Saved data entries
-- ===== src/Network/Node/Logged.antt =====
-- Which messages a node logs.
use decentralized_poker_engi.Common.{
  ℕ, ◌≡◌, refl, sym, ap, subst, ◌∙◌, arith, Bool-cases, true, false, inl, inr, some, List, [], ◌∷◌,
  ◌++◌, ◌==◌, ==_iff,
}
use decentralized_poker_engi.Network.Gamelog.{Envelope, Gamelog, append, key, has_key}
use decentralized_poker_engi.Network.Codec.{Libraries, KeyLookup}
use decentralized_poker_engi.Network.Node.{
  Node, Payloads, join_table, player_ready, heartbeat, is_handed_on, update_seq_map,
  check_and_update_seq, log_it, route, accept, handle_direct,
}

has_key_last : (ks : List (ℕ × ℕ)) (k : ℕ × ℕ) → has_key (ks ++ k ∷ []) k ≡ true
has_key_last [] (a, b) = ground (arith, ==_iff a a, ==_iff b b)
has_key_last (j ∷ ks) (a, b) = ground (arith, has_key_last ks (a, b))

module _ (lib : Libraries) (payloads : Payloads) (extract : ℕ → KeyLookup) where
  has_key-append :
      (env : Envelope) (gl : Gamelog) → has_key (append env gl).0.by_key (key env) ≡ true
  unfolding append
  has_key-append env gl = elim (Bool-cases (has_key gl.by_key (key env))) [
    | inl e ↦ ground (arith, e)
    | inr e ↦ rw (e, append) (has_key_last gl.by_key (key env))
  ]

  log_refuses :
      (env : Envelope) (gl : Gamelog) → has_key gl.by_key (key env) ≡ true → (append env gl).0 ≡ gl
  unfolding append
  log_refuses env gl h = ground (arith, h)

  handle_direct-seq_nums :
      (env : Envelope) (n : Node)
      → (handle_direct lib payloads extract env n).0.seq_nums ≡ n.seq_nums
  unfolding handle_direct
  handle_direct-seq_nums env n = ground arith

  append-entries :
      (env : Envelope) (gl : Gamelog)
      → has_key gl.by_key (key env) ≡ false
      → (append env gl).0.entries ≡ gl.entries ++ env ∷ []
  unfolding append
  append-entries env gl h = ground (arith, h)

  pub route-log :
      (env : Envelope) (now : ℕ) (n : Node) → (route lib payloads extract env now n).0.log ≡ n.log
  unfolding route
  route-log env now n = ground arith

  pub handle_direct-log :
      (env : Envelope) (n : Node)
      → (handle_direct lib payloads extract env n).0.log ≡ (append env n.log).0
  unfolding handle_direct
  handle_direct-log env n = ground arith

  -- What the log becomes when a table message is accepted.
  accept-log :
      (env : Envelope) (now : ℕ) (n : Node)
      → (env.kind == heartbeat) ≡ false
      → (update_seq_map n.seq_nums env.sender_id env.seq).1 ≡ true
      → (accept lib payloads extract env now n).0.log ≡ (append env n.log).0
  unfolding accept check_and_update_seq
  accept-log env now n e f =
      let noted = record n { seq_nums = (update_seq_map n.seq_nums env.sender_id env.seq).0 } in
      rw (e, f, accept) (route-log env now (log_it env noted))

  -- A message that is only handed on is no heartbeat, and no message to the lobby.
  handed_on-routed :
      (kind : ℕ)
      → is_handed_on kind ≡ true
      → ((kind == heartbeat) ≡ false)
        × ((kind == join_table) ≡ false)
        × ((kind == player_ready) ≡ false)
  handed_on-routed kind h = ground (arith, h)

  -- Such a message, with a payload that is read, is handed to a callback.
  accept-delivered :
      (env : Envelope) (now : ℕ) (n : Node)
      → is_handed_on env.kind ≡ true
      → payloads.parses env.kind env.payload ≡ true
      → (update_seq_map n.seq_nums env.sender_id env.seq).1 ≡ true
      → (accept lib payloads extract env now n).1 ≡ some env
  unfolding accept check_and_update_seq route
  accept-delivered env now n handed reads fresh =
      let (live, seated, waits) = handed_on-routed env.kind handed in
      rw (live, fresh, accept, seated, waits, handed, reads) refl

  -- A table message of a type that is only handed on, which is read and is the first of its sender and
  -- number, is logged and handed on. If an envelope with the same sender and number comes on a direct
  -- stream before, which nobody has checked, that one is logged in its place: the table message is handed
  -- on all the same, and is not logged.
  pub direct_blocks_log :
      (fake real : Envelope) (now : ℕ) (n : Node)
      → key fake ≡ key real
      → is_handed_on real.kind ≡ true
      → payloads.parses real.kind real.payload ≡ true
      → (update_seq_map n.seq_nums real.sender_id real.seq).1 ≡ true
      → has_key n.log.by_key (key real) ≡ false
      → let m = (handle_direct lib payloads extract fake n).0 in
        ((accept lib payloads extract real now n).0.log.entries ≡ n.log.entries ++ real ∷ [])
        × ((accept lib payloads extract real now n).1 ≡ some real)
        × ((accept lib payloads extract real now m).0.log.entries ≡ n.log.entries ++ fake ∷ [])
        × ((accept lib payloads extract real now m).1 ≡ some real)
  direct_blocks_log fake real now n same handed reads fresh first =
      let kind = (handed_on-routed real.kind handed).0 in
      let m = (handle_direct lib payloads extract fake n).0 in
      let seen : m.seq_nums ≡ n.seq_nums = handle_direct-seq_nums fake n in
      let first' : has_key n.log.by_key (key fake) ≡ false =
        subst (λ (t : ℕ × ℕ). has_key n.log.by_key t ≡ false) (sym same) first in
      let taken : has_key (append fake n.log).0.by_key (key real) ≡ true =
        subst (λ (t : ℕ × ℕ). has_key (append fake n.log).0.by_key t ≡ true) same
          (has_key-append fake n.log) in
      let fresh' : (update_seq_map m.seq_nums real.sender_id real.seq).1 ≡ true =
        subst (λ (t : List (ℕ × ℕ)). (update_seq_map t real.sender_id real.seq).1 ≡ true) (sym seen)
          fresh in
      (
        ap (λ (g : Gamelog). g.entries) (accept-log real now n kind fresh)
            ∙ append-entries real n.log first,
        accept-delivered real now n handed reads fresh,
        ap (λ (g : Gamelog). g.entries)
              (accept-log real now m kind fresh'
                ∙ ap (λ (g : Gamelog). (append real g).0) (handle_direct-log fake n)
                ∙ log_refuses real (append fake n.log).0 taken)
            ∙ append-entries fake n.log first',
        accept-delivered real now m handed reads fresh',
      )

**Description of the task**
Every record above needs to be restated exactly.

**Worked solution**
-- ===== src/Network/Node/Logged.antt =====
-- Which messages a node logs.
use decentralized_poker_engi.Common.{
  ℕ, ◌≡◌, refl, sym, ap, subst, ◌∙◌, arith, Bool-cases, true, false, inl, inr, some, List, [], ◌∷◌,
  ◌++◌, ◌==◌, ==_iff,
}
use decentralized_poker_engi.Network.Gamelog.{Envelope, Gamelog, append, key, has_key}
use decentralized_poker_engi.Network.Codec.{Libraries, KeyLookup}
use decentralized_poker_engi.Network.Node.{
  Node, Payloads, join_table, player_ready, heartbeat, is_handed_on, update_seq_map,
  check_and_update_seq, log_it, route, accept, handle_direct,
}

has_key_last : (ks : List (ℕ × ℕ)) (k : ℕ × ℕ) → has_key (ks ++ k ∷ []) k ≡ true
has_key_last [] (a, b) = ground (arith, ==_iff a a, ==_iff b b)
has_key_last (j ∷ ks) (a, b) = ground (arith, has_key_last ks (a, b))

module _ (lib : Libraries) (payloads : Payloads) (extract : ℕ → KeyLookup) where
  has_key-append :
      (env : Envelope) (gl : Gamelog) → has_key (append env gl).0.by_key (key env) ≡ true
  unfolding append
  has_key-append env gl = elim (Bool-cases (has_key gl.by_key (key env))) [
    | inl e ↦ ground (arith, e)
    | inr e ↦ rw (e, append) (has_key_last gl.by_key (key env))
  ]

  log_refuses :
      (env : Envelope) (gl : Gamelog) → has_key gl.by_key (key env) ≡ true → (append env gl).0 ≡ gl
  unfolding append
  log_refuses env gl h = ground (arith, h)

  handle_direct-seq_nums :
      (env : Envelope) (n : Node)
      → (handle_direct lib payloads extract env n).0.seq_nums ≡ n.seq_nums
  unfolding handle_direct
  handle_direct-seq_nums env n = ground arith

  append-entries :
      (env : Envelope) (gl : Gamelog)
      → has_key gl.by_key (key env) ≡ false
      → (append env gl).0.entries ≡ gl.entries ++ env ∷ []
  unfolding append
  append-entries env gl h = ground (arith, h)

  pub route-log :
      (env : Envelope) (now : ℕ) (n : Node) → (route lib payloads extract env now n).0.log ≡ n.log
  unfolding route
  route-log env now n = ground arith

  pub handle_direct-log :
      (env : Envelope) (n : Node)
      → (handle_direct lib payloads extract env n).0.log ≡ (append env n.log).0
  unfolding handle_direct
  handle_direct-log env n = ground arith

  -- What the log becomes when a table message is accepted.
  accept-log :
      (env : Envelope) (now : ℕ) (n : Node)
      → (env.kind == heartbeat) ≡ false
      → (update_seq_map n.seq_nums env.sender_id env.seq).1 ≡ true
      → (accept lib payloads extract env now n).0.log ≡ (append env n.log).0
  unfolding accept check_and_update_seq
  accept-log env now n e f =
      let noted = record n { seq_nums = (update_seq_map n.seq_nums env.sender_id env.seq).0 } in
      rw (e, f, accept) (route-log env now (log_it env noted))

  -- A message that is only handed on is no heartbeat, and no message to the lobby.
  handed_on-routed :
      (kind : ℕ)
      → is_handed_on kind ≡ true
      → ((kind == heartbeat) ≡ false)
        × ((kind == join_table) ≡ false)
        × ((kind == player_ready) ≡ false)
  handed_on-routed kind h = ground (arith, h)

  -- Such a message, with a payload that is read, is handed to a callback.
  accept-delivered :
      (env : Envelope) (now : ℕ) (n : Node)
      → is_handed_on env.kind ≡ true
      → payloads.parses env.kind env.payload ≡ true
      → (update_seq_map n.seq_nums env.sender_id env.seq).1 ≡ true
      → (accept lib payloads extract env now n).1 ≡ some env
  unfolding accept check_and_update_seq route
  accept-delivered env now n handed reads fresh =
      let (live, seated, waits) = handed_on-routed env.kind handed in
      rw (live, fresh, accept, seated, waits, handed, reads) refl

  -- A table message of a type that is only handed on, which is read and is the first of its sender and
  -- number, is logged and handed on. If an envelope with the same sender and number comes on a direct
  -- stream before, which nobody has checked, that one is logged in its place: the table message is handed
  -- on all the same, and is not logged.
  pub direct_blocks_log :
      (fake real : Envelope) (now : ℕ) (n : Node)
      → key fake ≡ key real
      → is_handed_on real.kind ≡ true
      → payloads.parses real.kind real.payload ≡ true
      → (update_seq_map n.seq_nums real.sender_id real.seq).1 ≡ true
      → has_key n.log.by_key (key real) ≡ false
      → let m = (handle_direct lib payloads extract fake n).0 in
        ((accept lib payloads extract real now n).0.log.entries ≡ n.log.entries ++ real ∷ [])
        × ((accept lib payloads extract real now n).1 ≡ some real)
        × ((accept lib payloads extract real now m).0.log.entries ≡ n.log.entries ++ fake ∷ [])
        × ((accept lib payloads extract real now m).1 ≡ some real)
  direct_blocks_log fake real now n same handed reads fresh first =
      let kind = (handed_on-routed real.kind handed).0 in
      let m = (handle_direct lib payloads extract fake n).0 in
      let seen : m.seq_nums ≡ n.seq_nums = handle_direct-seq_nums fake n in
      let first' : has_key n.log.by_key (key fake) ≡ false =
        subst (λ (t : ℕ × ℕ). has_key n.log.by_key t ≡ false) (sym same) first in
      let taken : has_key (append fake n.log).0.by_key (key real) ≡ true =
        subst (λ (t : ℕ × ℕ). has_key (append fake n.log).0.by_key t ≡ true) same
          (has_key-append fake n.log) in
      let fresh' : (update_seq_map m.seq_nums real.sender_id real.seq).1 ≡ true =
        subst (λ (t : List (ℕ × ℕ)). (update_seq_map t real.sender_id real.seq).1 ≡ true) (sym seen)
          fresh in
      (
        ap (λ (g : Gamelog). g.entries) (accept-log real now n kind fresh)
            ∙ append-entries real n.log first,
        accept-delivered real now n handed reads fresh,
        ap (λ (g : Gamelog). g.entries)
              (accept-log real now m kind fresh'
                ∙ ap (λ (g : Gamelog). (append real g).0) (handle_direct-log fake n)
                ∙ log_refuses real (append fake n.log).0 taken)
            ∙ append-entries fake n.log first',
        accept-delivered real now m handed reads fresh',
      )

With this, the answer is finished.